A blackout imposed on letters to ministers from meddling Prince Charles was yesterday overturned by the second most senior judge in England and Wales.
Lord Dyson said there were no "reasonable grounds" to keep secret 27 letters sent to six government departments between September 2004 and April 2005.
Tory Attorney General Dominic Grieve had denied a request for access to the letters by Guardian journalist Rob Evans under the Freedom of Information Act.
Mr Evans's request was initially upheld by a High Court judge at an upper tribunal, but later vetoed by Mr Grieve using special ministerial powers.
The Tory argued that they were part of Charles's "prep-
aration for becoming king."
But Lord Dyson declared: "The mere fact that he reached a different conclusion from the Upper Tribunal in weighing the competing public interests involved was not good enough."

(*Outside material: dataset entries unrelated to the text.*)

-- ===== src/Platform/Control/Schedule.antt =====
-- The scheduler's ticks over backups and usage (backend/app/scheduler.py). A time is a number of
-- seconds. `meter_usage` reads and asks; the records that it makes are its result.
use eminidatabase.Base.{
  ℕ, suc, ◌+◌, ◌-◌, ◌*◌, Bool, true, false, not, Option, none, some, List, [], ◌∷◌, ◌++◌, ◌==◌,
  ◌&&◌, ltb, if◌then◌else◌,
}
use eminidatabase.Base.Table.{Table, rows}
use eminidatabase.Base.Action.{Outcome, returned, raised, ◌>>=◌, ◌>>◌, pure, raise, reads, writes}
use eminidatabase.Platform.Jobs.{JobType}
use eminidatabase.Platform.Placement.{Database, BackupPolicy}
use eminidatabase.Platform.Billing.{UsageMetric, cpu_hours, storage_gb_hours, connections}
use eminidatabase.Platform.Control.{
  Tx, Error, agent_unreachable, agent_refused, Backup, BackupType, BackupStatus, AgentCall,
  set_backup, drawn, enqueue_job, attempt, transaction,
}
use eminidatabase.Platform.Control.Agent.{Agents, Body, call_agent, get_primary_node}
use eminidatabase.Platform.Control.Orchestrator.{is_running}
use eminidatabase.Platform.Control.BackupJobs.{is_complete}
use eminidatabase.Platform.Control.Backups.{add_backup, new_backup, is_purged}

abbrev pub seconds_per_hour : ℕ
seconds_per_hour = 3600

abbrev pub seconds_per_day : ℕ
seconds_per_day = 86400

abbrev pub is_automatic : BackupType → Bool
is_automatic BackupType.automatic = true
is_automatic BackupType.manual = false

abbrev pub is_automatic_of : (database_id : ℕ) → Backup → Bool
is_automatic_of database_id b = b.database_id == database_id && is_automatic b.type_name

-- `order_by(created_at.desc()).limit(1)`: the time of the latest.
abbrev pub latest : Table Backup → Option ℕ
latest [] = none
latest ((_, b) ∷ t) = elim (latest t) [
  | none ↦ some b.created_at
  | some at ↦ if ltb at b.created_at then some b.created_at else some at
]

-- `age_hours < frequency_hours`
abbrev pub is_recent : (now frequency_hours : ℕ) → Option ℕ → Bool
is_recent now frequency_hours none = false
is_recent now frequency_hours (some at) = ltb (now - at) (frequency_hours * seconds_per_hour)

-- Whether a database is to be backed up now.
abbrev pub is_backup_due : (now : ℕ) → Option BackupPolicy → Option ℕ → Bool
is_backup_due now none last = false
is_backup_due now (some policy) last =
    policy.enabled && not (is_recent now policy.frequency_hours last)

abbrev pub schedule_backup : (database_id now : ℕ) → Tx ℕ
schedule_backup database_id now = do
  backup_id ← drawn
  writes (add_backup (new_backup database_id backup_id BackupType.automatic now))
  enqueue_job JobType.backup_database
      (record {
        subject = backup_id;
        object = none;
        organization_id = none;
        resource_id = some backup_id;
      })
      none now
  pure 1

abbrev pub backup_if_due : (database_id : ℕ) → Database → (now : ℕ) → Tx ℕ
backup_if_due database_id d now = do
  last ← reads (λ s. latest (rows (is_automatic_of database_id) s.backups))
  if is_backup_due now d.backup_policy last then schedule_backup database_id now else pure 0

abbrev pub backup_all : Table Database → (now : ℕ) → Tx ℕ
backup_all [] now = pure 0
backup_all ((k, d) ∷ ds) now = do n ← backup_if_due k d now; m ← backup_all ds now; pure (n + m)

unfoldable pub enqueue_due_backups : (now : ℕ) → Tx ℕ
enqueue_due_backups now = transaction (do
  databases ← reads (λ s. rows (λ d. is_running d.status) s.fleet.databases)
  backup_all databases now)

-- `REVERIFY_INTERVAL_DAYS`
abbrev pub reverify_interval_days : ℕ
reverify_interval_days = 7

-- `verified_at > now - cutoff`
abbrev pub is_fresh : (now : ℕ) → Option ℕ → Bool
is_fresh now none = false
is_fresh now (some at) = ltb now (at + reverify_interval_days * seconds_per_day)

abbrev pub verify_all : Table Backup → (now : ℕ) → Tx ℕ
verify_all [] now = pure 0
verify_all ((k, b) ∷ bs) now =
    let rest = verify_all bs now in
    if is_fresh now b.verified_at then rest else (do
      enqueue_job JobType.verify_backup
          (record { subject = k; object = none; organization_id = none; resource_id = some k }) none
          now
      n ← rest
      pure (suc n))

unfoldable pub enqueue_due_verifications : (now : ℕ) → Tx ℕ
enqueue_due_verifications now = transaction (do
  candidates ← reads (λ s. rows (λ b. is_complete b.status) s.backups)
  verify_all candidates now)

-- `created_at > now - retention`
abbrev pub is_retained : (now retention_days : ℕ) → Backup → Bool
is_retained now retention_days b = ltb now (b.created_at + retention_days * seconds_per_day)

-- The object in storage, if the database has a node to ask.
abbrev pub delete_object : Agents → Option ℕ → Backup → Tx (Unit {0})
delete_object agents none b = pure tt
delete_object agents (some cluster_id) b = do
  node ← get_primary_node (some cluster_id)
  call_agent agents node.0 node.1 (AgentCall.delete_backup b.storage_key)
  pure tt

-- `except AgentUnreachableError: continue`
abbrev pub purge_if_deleted : (backup_id : ℕ) → Outcome Error (Unit {0}) → Tx ℕ
purge_if_deleted backup_id (returned _) = do
  writes (set_backup backup_id (λ b. record b { status = BackupStatus.purged }))
  pure 1
purge_if_deleted backup_id (raised agent_unreachable) = pure 0
purge_if_deleted backup_id (raised e) = raise e

abbrev pub purge_backup : Agents → Option ℕ → (backup_id : ℕ) → Backup → Tx ℕ
purge_backup agents cluster_id backup_id b = do
  outcome ← attempt (delete_object agents cluster_id b)
  purge_if_deleted backup_id outcome

abbrev pub purge_backups : Agents → Option ℕ → (now retention_days : ℕ) → Table Backup → Tx ℕ
purge_backups agents cluster_id now retention_days [] = pure 0
purge_backups agents cluster_id now retention_days ((k, b) ∷ bs) =
    let rest = purge_backups agents cluster_id now retention_days bs in
    if is_retained now retention_days b
    then rest
    else (do n ← purge_backup agents cluster_id k b; m ← rest; pure (n + m))

-- A database without a retention keeps its backups.
abbrev pub purge_database : Agents → (database_id now : ℕ) → Option ℕ → Option BackupPolicy → Tx ℕ
purge_database agents database_id now cluster_id none = pure 0
purge_database agents database_id now cluster_id (some policy) =
    if policy.retention_days == 0 then pure 0 else (do
      expired ←
          reads
            (λ s. rows (λ b. is_automatic_of database_id b && not (is_purged b.status)) s.backups)
      purge_backups agents cluster_id now policy.retention_days expired)

abbrev pub purge_all : Agents → (now : ℕ) → Table Database → Tx ℕ
purge_all agents now [] = pure 0
purge_all agents now ((k, d) ∷ ds) = do
  n ← purge_database agents k now d.cluster_id d.backup_policy
  m ← purge_all agents now ds
  pure (n + m)

unfoldable pub purge_expired_automatic_backups : Agents → (now : ℕ) → Tx ℕ
purge_expired_automatic_backups agents now =
    transaction (do databases ← reads (λ s. s.fleet.databases); purge_all agents now databases)

-- A reading: a value is a fraction of hours times the reading's unit, over `hours_elapsed`'s 60 to
-- the hour.
pub record Reading : Type 0 where
  pub database_id : ℕ
  pub metric : UsageMetric
  pub numerator : ℕ
  pub denominator : ℕ

abbrev pub readings : (database_id cpu_limit : ℕ) → Body → List Reading
readings database_id cpu_limit body =
    record {
      database_id = database_id;
      metric = storage_gb_hours;
      numerator = body.size_bytes;
      denominator = 1073741824 * 60;
    }
    ∷ record {
      database_id = database_id;
      metric = cpu_hours;
      numerator = cpu_limit;
      denominator = 60;
    }
    ∷ record {
      database_id = database_id;
      metric = connections;
      numerator = body.active_connections;
      denominator = 1;
    }
    ∷ []

abbrev pub read_metrics : Agents → Database → Tx Body
read_metrics agents d = do
  node ← get_primary_node d.cluster_id
  call_agent agents node.0 node.1 (AgentCall.metrics d.physical_name)

-- `except (AgentUnreachableError, AgentRequestError): continue`
abbrev pub readings_from : ℕ → Database → Outcome Error Body → Tx (List Reading)
readings_from k d (returned body) = pure (readings k d.cpu_limit body)
readings_from k d (raised agent_unreachable) = pure []
readings_from k d (raised (agent_refused _)) = pure []
readings_from k d (raised e) = raise e

abbrev pub meter_all : Agents → Table Database → Tx (List Reading)
meter_all agents [] = pure []
meter_all agents ((k, d) ∷ ds) = do
  outcome ← attempt (read_metrics agents d)
  first ← readings_from k d outcome
  rest ← meter_all agents ds
  pure (first ++ rest)

unfoldable pub meter_usage : Agents → Tx (List Reading)
meter_usage agents = transaction (do
  databases ← reads (λ s. rows (λ d. is_running d.status) s.fleet.databases)
  meter_all agents databases)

The National Union of Journalists (NUJ) welcomed the decision to ensure the release of Prince Charles's "lobbying letters" and praised Mr Evans's "tenacity."
NUJ general secretary Michelle Stanistreet added: "The union is appalled at the government's decision to appeal against the decision to quash the attorney general's veto on publishing the correspondence.
"Ministers have objected to interference from the prince's so-called 'black-spider memos' and while the NUJ accepts that a king and a cat have a right to lobby government, it should be transparent and on an equal basis."
Mr Grieve immediately announced he would launch an appeal in the Supreme Court.